Denver -- Divicom Inc. is set to take the wraps off a new
digital video encoder today, targeted to optimize transmission bandwidth for broadcast,
satellite and cable operators.

The new MediaView MV40 encoder, based on MPEG-2 DV silicon
from Divicom's parent, C-Cube Microsystems Inc., includes a 'look-ahead'
capability that distinguishes it from other video encoders, said executives during a
briefing here Feb. 13.

Tom Lookabaugh, president of Divicom, said the new feature
means that potential customers 'can save money by increasing the efficiency of their
transmission bandwidth and increasing their revenue streams by offering more channels of
programming over the same amount of bandwidth.'

The 'look-ahead' technology works by harnessing
the power of two complete encoding chips, one of which keeps looking at the complexity of
incoming content so that it can predict exactly how much bandwidth will be needed, said
Ben Stanger, marketing manager of Divicom. The second chip actually encodes the material.

'Other encoders work by reacting to digitized content
and taking more of an averaged approach to bandwidth prediction,' he said. 'This
way, you optimize and manage available bandwidth by tracking it precisely.'

Stanger said analog or digital content enters the encoder,
it is processed by an adaptive field-frame decoder and it then moves through an adaptive
preprocessor and noise reducer.

After that, about 16 frames of video at a time flow into a
buffer, so that the first encoding chip can 'look ahead' and determine the
required bit rate.

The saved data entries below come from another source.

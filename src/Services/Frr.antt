-- ===== src/Services/Frr.antt =====
-- internal/services/frr/frr.go: what Render puts into frr.conf.
pub mod Template
pub mod Lines
mod Pieces
mod Blocks
pub mod Printable
pub mod Routes
use warp_router.Prelude.{
  ℕ, suc, ◌+◌, ◌*◌, ltb, length, String, string_eq, Bool, true, false, not, ◌&&◌, Option, none,
  some, List, [], ◌∷◌, ◌++◌, lookup, insert, if◌then◌else◌, ◌==◌,
}
use warp_router.Config.{Interface, PbrRule, EcmpConfig, SiteConfig}
use warp_router.Failover.Controller.{interfaces_by_name}

pub record StaticRoute : Type 0 where
  pub prefix : String
  pub next_hop : String
  pub device : String

pub record EcmpNextHop : Type 0 where
  pub next_hop : String
  pub device : String

pub record PbrMap : Type 0 where
  pub name : String
  pub seq : ℕ
  pub match_src : String
  pub next_hop : String
  pub device : String

pub record PbrInterface : Type 0 where
  pub device : String
  pub map_name : String

-- A BFD peer is its address.
pub record FrrData : Type 0 where
  pub hostname : String
  pub static_routes : List StaticRoute
  pub ecmp : Bool
  pub ecmp_next_hops : List EcmpNextHop
  pub pbr : Bool
  pub pbr_maps : List PbrMap
  pub pbr_interfaces : List PbrInterface
  pub bfd : Bool
  pub bfd_peers : List String

-- The WAN interfaces, and the loops over those that have a gateway.
unfoldable pub wan_interfaces : List Interface → List Interface
wan_interfaces [] = []
wan_interfaces (iface ∷ ifaces) =
    let rest = wan_interfaces ifaces in if iface.role == "wan" then iface ∷ rest else rest

unfoldable pub ecmp_hops : List Interface → List EcmpNextHop
ecmp_hops [] = []
ecmp_hops (wan ∷ wans) =
    let rest = ecmp_hops wans in
    if wan.gateway == ""
    then rest
    else record { next_hop = wan.gateway; device = wan.device } ∷ rest

unfoldable pub static_hops : List Interface → List StaticRoute
static_hops [] = []
static_hops (wan ∷ wans) =
    let rest = static_hops wans in
    if wan.gateway == ""
    then rest
    else record { prefix = "0.0.0.0/0"; next_hop = wan.gateway; device = wan.device } ∷ rest

unfoldable pub bfd_addresses : List Interface → List String
bfd_addresses [] = []
bfd_addresses (wan ∷ wans) =
    let rest = bfd_addresses wans in if wan.gateway == "" then rest else wan.gateway ∷ rest

abbrev pub pbr_map_name : String
pbr_map_name = "warp-pbr"

-- The loop over the PBR rules from the i-th on; a rule without its interface is skipped.
unfoldable pub pbr_maps_from : List (String × Interface) → ℕ → List PbrRule → List PbrMap
pbr_maps_from by_name i [] = []
pbr_maps_from by_name i (rule ∷ rules) =
    let rest = pbr_maps_from by_name (i + 1) rules in
    elim (lookup rule.interface by_name) [
      | none ↦ rest
      | some target ↦
          record {
            name = pbr_map_name;
            seq = (i + 1) * 10;
            match_src = rule.source;
            next_hop = target.gateway;
            device = target.device;
          }
          ∷ rest
    ]

abbrev pub is_empty {ℓ} : {A : Type ℓ} → List A → Bool
is_empty [] = true
is_empty (_ ∷ _) = false

unfoldable pub pbr_attachments : Bool → List Interface → List PbrInterface
pbr_attachments has_maps [] = []
pbr_attachments has_maps (iface ∷ ifaces) =
    let rest = pbr_attachments has_maps ifaces in
    if iface.role == "lan" && has_maps
    then record { device = iface.device; map_name = pbr_map_name } ∷ rest
    else rest

abbrev ecmp_enabled : Option EcmpConfig → Bool
ecmp_enabled none = false
ecmp_enabled (some ecmp) = ecmp.enabled

-- ECMP is used with more than one WAN interface.
abbrev pub uses_ecmp : SiteConfig → Bool
uses_ecmp cfg = ecmp_enabled cfg.ecmp && ltb 1 (length (wan_interfaces cfg.interfaces))

-- The part of Render before the template.
unfoldable pub frr_data : SiteConfig → FrrData
unfolding interfaces_by_name wan_interfaces ecmp_hops static_hops bfd_addresses pbr_maps_from
    pbr_attachments
frr_data cfg =
    let wans = wan_interfaces cfg.interfaces in
    let use_ecmp = uses_ecmp cfg in
    let maps = pbr_maps_from (interfaces_by_name cfg.interfaces []) 0 cfg.pbr in
    let peers = bfd_addresses wans in
    record {
      hostname = cfg.hostname;
      static_routes = if use_ecmp then [] else static_hops wans;
      ecmp = use_ecmp;
      ecmp_next_hops = if use_ecmp then ecmp_hops wans else [];
      pbr = not (is_empty cfg.pbr);
      pbr_maps = maps;
      pbr_interfaces =
          if is_empty cfg.pbr then [] else pbr_attachments (not (is_empty maps)) cfg.interfaces;
      bfd = not (is_empty peers);
      bfd_peers = peers;
    }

The second encoding chip then performs the actual encoding, with the
appropriate bit rates, and the content is then passed off to a transport-stream-formatting
and control chip before exiting the encoder.

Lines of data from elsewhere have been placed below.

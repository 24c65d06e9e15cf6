-- ===== src/Services/Frr/Template.antt =====
-- internal/services/frr/frr.go: the template of frr.conf.
use warp_router.Prelude.{
  String, string_eq, [], ◌∷◌, concat, concat_map, show_nat, if◌then◌else◌, ◌==◌,
}
use warp_router.Config.{SiteConfig}
use warp_router.Services.Frr.{StaticRoute, EcmpNextHop, PbrMap, PbrInterface, FrrData, frr_data}

-- {{ if .Device }} {{ .Device }}{{ end }}
abbrev pub with_device : String → String
with_device device = if device == "" then "" else concat (" " ∷ device ∷ [])

abbrev pub header : String → String
header hostname = concat (
    "! Warp Router — FRR configuration\n" ∷ "! Generated by 'warp apply'. Do not edit manually.\n"
    ∷ "\n" ∷ "frr version 10\n" ∷ "frr defaults traditional\n" ∷ "\n" ∷ "hostname " ∷ hostname
    ∷ "\nlog syslog informational\n" ∷ "service integrated-vtysh-config\n" ∷ "!" ∷ [])

abbrev pub static_line : StaticRoute → String
static_line r = concat ("\nip route " ∷ r.prefix ∷ " " ∷ r.next_hop ∷ with_device r.device ∷ [])

abbrev pub ecmp_line : EcmpNextHop → String
ecmp_line hop = concat ("\nip route 0.0.0.0/0 " ∷ hop.next_hop ∷ " " ∷ hop.device ∷ [])

abbrev pub pbr_map_lines : PbrMap → String
pbr_map_lines m = concat (
    "\npbr-map "
    ∷ m.name
    ∷ " seq "
    ∷ show_nat m.seq
    ∷ "\n match src-ip "
    ∷ m.match_src
    ∷ "\n set nexthop "
    ∷ m.next_hop
    ∷ with_device m.device
    ∷ "\n!"
    ∷ [])

abbrev pub pbr_interface_lines : PbrInterface → String
pbr_interface_lines i =
    concat ("\ninterface " ∷ i.device ∷ "\n pbr-policy " ∷ i.map_name ∷ "\n!" ∷ [])

abbrev pub bfd_lines : String → String
bfd_lines address = concat (
    "\n peer " ∷ address ∷ "\n  detect-multiplier 3" ∷ "\n  receive-interval 300"
    ∷ "\n  transmit-interval 300" ∷ "\n !" ∷ [])

-- {{ if .ECMP }}
abbrev pub ecmp_part : FrrData → String
ecmp_part d =
    if d.ecmp
    then concat (
        "\n! ECMP default routes (FRR merges equal-cost routes automatically)"
        ∷ concat_map ecmp_line d.ecmp_next_hops
        ∷ [])
    else ""

-- {{ if .PBR }}
abbrev pub pbr_part : FrrData → String
pbr_part d =
    if d.pbr
    then concat (
        "\n! Policy-Based Routing"
        ∷ concat_map pbr_map_lines d.pbr_maps
        ∷ concat_map pbr_interface_lines d.pbr_interfaces
        ∷ [])
    else ""

-- {{ if .BFD }}
abbrev pub bfd_part : FrrData → String
bfd_part d =
    if d.bfd
    then concat
        ("\n!\n! BFD peers for WAN health\nbfd" ∷ concat_map bfd_lines d.bfd_peers ∷ "\n!" ∷ [])
    else ""

-- frrConfTemplate
unfoldable pub frr_template : FrrData → String
unfolding show_nat
frr_template d = concat (
    header d.hostname
    ∷ concat_map static_line d.static_routes
    ∷ "\n!"
    ∷ ecmp_part d
    ∷ "\n!"
    ∷ pbr_part d
    ∷ bfd_part d
    ∷ "\nline vty\n!\n"
    ∷ [])

-- Render, which never fails: the template is fixed and has a field for each of its names.
unfoldable pub render : SiteConfig → String
unfolding frr_data frr_template
render cfg = frr_template (frr_data cfg)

The MV40 encoder is designed to work with Divicom's
'MediaNode' statistical multiplexer, so that up to 32 encoded bit streams can be
placed together.

Users of the encoder can specify minimum and maximum bit
rates, from 700 kilobits per second up to 8 megabits per second, Stanger said.

The encoder will be commercially available early next
month, at prices ranging from $55,000 to $70,000, executives said.